The article brought up issues such as the distinction between the performer, and an audience member. With an interactive piece I believe that an audience member can play both parts of a viewer, and performer because of they now play an important role on how the piece functions. Walter Benjamin states in the article that “Work of art should actively intervene in and provide a model for allowing viewers to be involved in the process of production”. By this I think he means that art should no longer just be stared at, and only mentally thought about, now a piece should challenge the viewer in a new way, how does it work and can they turn it into something new.
Another issue that the article brings up is the collaboration of people and the creation of the work being named to a single artist. Even though the artist came up with the idea, to what extent should the audience play until they are considered as part of the creator of the piece? I think that the artist should be accredited to the idea, and start of the piece but the finishing or continuation of the piece should include the accreditation to the audience who helped shape it into the finishing product (if there is a finishing product.
September 13 2011
I woke up today at 5:30 to start to get ready and make my way to school for the commute. Tired and groggy by the time I got on the train I just decided to sleep for the duration of my travel. Once I got to school I still had about thirty minutes before class had started so I just showed up early.

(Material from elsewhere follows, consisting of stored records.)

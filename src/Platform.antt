-- ===== src/Platform.antt =====
-- What the program takes from outside its own sources, as one record of functions: the JSON codec,
-- SHA-1, the Unicode case table, the seeded random source, and IEEE arithmetic on bit patterns.
-- Every definition that uses one of them takes the record.
use keypool_service.Base.{ℕ, Bool, List, Option}
use keypool_service.Base.Int.{ℤ}
use keypool_service.Base.Text.{Str}

-- A float64 is its bit pattern; 0 is the pattern of +0.
abbrev pub Float64 : Type 0
Float64 = ℕ

-- What encoding/json makes of a value of type `any`.
mutual
  pub data Json : Type 0 where
    null : Json
    bool : Bool → Json
    number : Float64 → Json
    text : Str → Json
    array : Items → Json
    object : Members → Json

  pub data Items : Type 0 where
    no_items : Items
    item : Json → Items → Items

  pub data Members : Type 0 where
    no_members : Members
    member_of : Str → Json → Members → Members

-- A decoded `map[string]any`.
abbrev pub JsonMap : Type 0
JsonMap = List (Str × Json)

pub record Platform : Type 0 where
  -- json.Unmarshal into []string and into map[string]any; `none` is an error.
  pub json_strings : Str → Option (List Str)
  pub json_object : Str → Option JsonMap
  -- json.Marshal of a map[string]any; `none` is an error.
  pub print_object : JsonMap → Option Str
  -- The 20 bytes of sha1.Sum.
  pub sha1 : Str → List ℕ
  -- unicode.ToLower above ASCII.
  pub lower_table : ℕ → ℕ
  -- The k-th draw below a bound that Shuffle makes from rand.New(rand.NewSource(seed)).
  pub shuffle_draw : ℤ → ℕ → ℕ → ℕ
  -- float64: `+`, `-`, `*`, `<` and `==`.
  pub fadd : Float64 → Float64 → Float64
  pub fsub : Float64 → Float64 → Float64
  pub fmul : Float64 → Float64 → Float64
  pub flt : Float64 → Float64 → Bool
  pub feq : Float64 → Float64 → Bool
  -- The float64 nearest to an integer, and Redis's HINCRBYFLOAT of a stored number.
  pub float_of : ℤ → Float64
  pub hincr : Float64 → Float64 → Float64
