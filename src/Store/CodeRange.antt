-- ===== src/Store/CodeRange.antt =====
-- ParseCodeRanges and MatchCodeRange of internal/store/types.go.
use keypool_service.Base.{
  ◌≡◌, refl, Bool, false, ◌&&◌, ◌||◌, Option, none, some, List, [], ◌∷◌, if◌then◌else◌,
}
use keypool_service.Base.Int.{ℤ, pos, ltb_ℤ, leb_ℤ}
use keypool_service.Base.Text.{Str, codes, is_empty, split, split_once, trim_space, atoi}

pub record CodeRange : Type 0 where
  pub start : ℤ
  pub end : ℤ

abbrev range_of : Option ℤ → Option ℤ → Option CodeRange
range_of none b = none
range_of (some a) none = none
range_of (some a) (some b) = if ltb_ℤ b a then none else some (record { start = a; end = b })

abbrev single_of : Option ℤ → Option CodeRange
single_of none = none
single_of (some n) = some (record { start = n; end = n })

-- One trimmed, non-empty item: `a-b`, cut at the first dash, or a single code. `none` is the error.
unfoldable pub parse_item : Str → Option CodeRange
parse_item s = elim (split_once s b'-') [
  | some (a, b) ↦ range_of (atoi (trim_space a)) (atoi (trim_space b))
  | none ↦ single_of (atoi s)
]

abbrev add_range : Option CodeRange → Option (List CodeRange) → Option (List CodeRange)
add_range none rest = none
add_range (some r) none = none
add_range (some r) (some rs) = some (r ∷ rs)

-- The loop over the parts; an item that is blank is skipped.
unfoldable pub parse_items : List Str → Option (List CodeRange)
unfolding parse_item
parse_items [] = some []
parse_items (s ∷ ss) =
    let item = trim_space s in
    let rest = parse_items ss in if is_empty item then rest else add_range (parse_item item) rest

-- The result is a slice, whose nil is `none`; the outer `none` is the error.
unfoldable pub parse_code_ranges : Str → Option (Option (List CodeRange))
unfolding parse_items
parse_code_ranges s =
    let s' = trim_space s in
    if is_empty s'
    then some none
    else elim (parse_items (split s' b',')) [ some rs ↦ some (some rs) | none ↦ none ]

unfoldable pub match_code_range : List CodeRange → ℤ → Bool
match_code_range [] code = false
match_code_range (r ∷ rs) code =
    (leb_ℤ r.start code && leb_ℤ code r.end) || match_code_range rs code

parse_runs :
    parse_code_ranges (codes "401, 500-503")
    ≡ some (
        some (
          record { start = pos 401; end = pos 401 }
          ∷ record { start = pos 500; end = pos 503 }
          ∷ []))
unfolding parse_code_ranges split_once trim_space atoi split
parse_runs = refl
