-- ===== src/Store/Settings.antt =====
-- The settings snapshot of internal/store/types.go, and how internal/store/poller.go builds it from
-- the options table. A slice field is an option whose `none` is Go's nil.
use keypool_service.Base.{ℕ, Bool, Option, none, some, List, [], ◌∷◌, if◌then◌else◌}
use keypool_service.Base.Int.{ℤ}
use keypool_service.Base.Maps.{IntMap, lookup, insert}
use keypool_service.Base.Text.{
  Str, codes, eq_str, is_empty, cut_prefix, split, trim_space, to_lower, equal_fold_ascii, atoi,
}
use keypool_service.Platform.{Platform, Float64}
use keypool_service.Store.CodeRange.{CodeRange, parse_code_ranges}

pub record BalanceCfg : Type 0 where
  pub mode : Str
  pub metric : Str
  pub decay_interval : Float64
  pub decay_factor : Float64
  pub catchup : Float64

pub record RotationCfg : Type 0 where
  pub band_seconds : ℤ
  pub active_count : ℤ
  pub overlap_bands : ℤ
  pub order : Str

-- `Balance` and `Rotation` are maps that may be nil.
pub record Settings : Type 0 where
  pub auto_disable_on : Bool
  pub auto_enable_on : Bool
  pub disable_code_ranges : Option (List CodeRange)
  pub disable_keywords : Option (List Str)
  pub balance : Option (IntMap BalanceCfg)
  pub rotation : Option (IntMap RotationCfg)

-- json.Unmarshal into the two configurations and json.Marshal of them; `none` is an error.
pub record CfgCodec : Type 0 where
  pub read_balance : Str → Option BalanceCfg
  pub read_rotation : Str → Option RotationCfg
  pub print_balance : BalanceCfg → Option Str
  pub print_rotation : RotationCfg → Option Str

-- Ranging over a slice: nil has no elements.
abbrev pub elements {ℓ} : {A : Type ℓ} → Option (List A) → List A
elements none = []
elements (some xs) = xs

-- Indexing a map that may be nil.
abbrev pub lookup_in {ℓ} : {V : Type ℓ} → ℤ → Option (IntMap V) → Option V
lookup_in k none = none
lookup_in k (some m) = lookup k m

-- The options table as PollOptions returns it, in the order in which the map is walked.
abbrev pub Options : Type 0
Options = List (Str × Str)

unfoldable pub option_of : Str → Options → Option Str
option_of k [] = none
option_of k ((j, v) ∷ m) = if eq_str j k then some v else option_of k m

-- `opts[k]`.
abbrev pub option_or_empty : Str → Options → Str
option_or_empty k m = elim (option_of k m) [ some v ↦ v | none ↦ [] ]

abbrev pub opt_auto_disable : Str
opt_auto_disable = codes "AutomaticDisableChannelEnabled"

abbrev pub opt_auto_enable : Str
opt_auto_enable = codes "AutomaticEnableChannelEnabled"

abbrev pub opt_status_codes : Str
opt_status_codes = codes "AutomaticDisableStatusCodes"

abbrev pub opt_keywords : Str
opt_keywords = codes "AutomaticDisableKeywords"

abbrev pub opt_extension_prefix : Str
opt_extension_prefix = codes "keypool."

abbrev pub opt_balance_prefix : Str
opt_balance_prefix = codes "keypool.balance."

abbrev pub opt_rotation_prefix : Str
opt_rotation_prefix = codes "keypool.rotation."

abbrev pub default_status_codes : Str
default_status_codes = codes "401"

abbrev pub default_keywords : List Str
default_keywords =
    codes "your credit balance is too low"
    ∷ codes "this organization has been disabled."
    ∷ codes "you exceeded your current quota"
    ∷ codes "permission denied"
    ∷ codes "the security token included in the request is invalid"
    ∷ codes "operation not allowed"
    ∷ codes "your account is not authorized"
    ∷ []

-- The lines of parseKeywords that are kept, lowercased.
unfoldable pub keyword_lines : (ℕ → ℕ) → List Str → List Str
keyword_lines table [] = []
keyword_lines table (l ∷ ls) =
    let line = to_lower table (trim_space l) in
    let rest = keyword_lines table ls in if is_empty line then rest else line ∷ rest

-- A slice that only `append` fills is nil as long as it is empty.
abbrev pub appended {ℓ} : {A : Type ℓ} → List A → Option (List A)
appended [] = none
appended (x ∷ xs) = some (x ∷ xs)

unfoldable pub parse_keywords : (ℕ → ℕ) → Str → Option (List Str)
unfolding keyword_lines
parse_keywords table raw = appended (keyword_lines table (split raw b'\n'))

-- The ranges of "401", for a failed parse with no old ranges.
unfoldable pub default_ranges : Option (List CodeRange)
default_ranges = elim (parse_code_ranges default_status_codes) [ some rs ↦ rs | none ↦ none ]

abbrev old_ranges : Option Settings → Option (List CodeRange)
old_ranges none = none
old_ranges (some st) = st.disable_code_ranges

abbrev pub or_else {ℓ} : {A : Type ℓ} → Option A → Option A → Option A
or_else none b = b
or_else (some a) b = some a

-- The `switch` on the status codes: a failed parse keeps the old ranges, else takes the default.
unfoldable pub ranges_from : Options → Option Settings → Option (List CodeRange)
unfolding option_of default_ranges
ranges_from opts old =
    let trimmed = trim_space (option_or_empty opt_status_codes opts) in
    elim (parse_code_ranges (if is_empty trimmed then default_status_codes else trimmed)) [
      | some rs ↦ rs
      | none ↦ or_else (old_ranges old) default_ranges
    ]

abbrev old_keywords : Option Settings → Option (List Str)
old_keywords none = none
old_keywords (some st) = st.disable_keywords

-- The keywords: the option if it is there, else the old ones, else the default.
unfoldable pub keywords_from : (ℕ → ℕ) → Options → Option Settings → Option (List Str)
unfolding option_of
keywords_from table opts old = elim (option_of opt_keywords opts) [
  | some kw ↦ parse_keywords table kw
  | none ↦ or_else (old_keywords old) (some default_keywords)
]

abbrev pub old_balance : Option Settings → Option (IntMap BalanceCfg)
old_balance none = none
old_balance (some st) = st.balance

abbrev pub old_rotation : Option Settings → Option (IntMap RotationCfg)
old_rotation none = none
old_rotation (some st) = st.rotation

-- One entry of an extension family: a value that does not parse keeps the previous configuration.
abbrev pub put_cfg {ℓ} : {V : Type ℓ} → ℤ → Option V → Option V → IntMap V → IntMap V
put_cfg id (some cfg) old m = insert id cfg m
put_cfg id none (some prev) m = insert id prev m
put_cfg id none none m = m

-- The two maps that the loop over the options fills.
pub record Extensions : Type 0 where
  pub balances : IntMap BalanceCfg
  pub rotations : IntMap RotationCfg

-- One round of the loop. `some` of `cut_prefix` is the `ok` of strings.CutPrefix.
unfoldable pub put_option : CfgCodec → Option Settings → Str → Str → Extensions → Extensions
put_option c old k v e = elim (cut_prefix k opt_balance_prefix) [
  | some cid ↦ elim (atoi cid) [
    | some id ↦ record e {
      balances = put_cfg id (c.read_balance v) (lookup_in id (old_balance old)) e.balances;
    }
    | none ↦ e
  ]
  | none ↦ elim (cut_prefix k opt_rotation_prefix) [
    | some cid ↦ elim (atoi cid) [
      | some id ↦ record e {
        rotations = put_cfg id (c.read_rotation v) (lookup_in id (old_rotation old)) e.rotations;
      }
      | none ↦ e
    ]
    | none ↦ e
  ]
]

unfoldable pub put_options : CfgCodec → Option Settings → Options → Extensions → Extensions
unfolding put_option
put_options c old [] e = e
put_options c old ((k, v) ∷ opts) e = put_options c old opts (put_option c old k v e)

unfoldable pub parse_settings : Platform → CfgCodec → Options → Option Settings → Settings
unfolding put_options ranges_from keywords_from option_of
parse_settings p c opts old =
    let e = put_options c old opts (record { balances = []; rotations = [] }) in
    record {
      auto_disable_on = equal_fold_ascii (option_or_empty opt_auto_disable opts) (codes "true");
      auto_enable_on = equal_fold_ascii (option_or_empty opt_auto_enable opts) (codes "true");
      disable_code_ranges = ranges_from opts old;
      disable_keywords = keywords_from p.lower_table opts old;
      balance = some e.balances;
      rotation = some e.rotations;
    }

I was welcomed by Jen and Beth as I was asked to put on my name tag while the boasted about the large amount of guys that are in the class this semester. When class started we went over the itinerary of the year and split into groups and made an assignment based off a a piece of work we received. In the middle of presentations we were interrupted for a brief safety talk from public safety. After the talk we broke into lunch and finished the presentations shortly into the next part of class.
As the class was brought to a finish we were given choices on where we will meet for our out of class field studies, and learned how to right blogs on this site.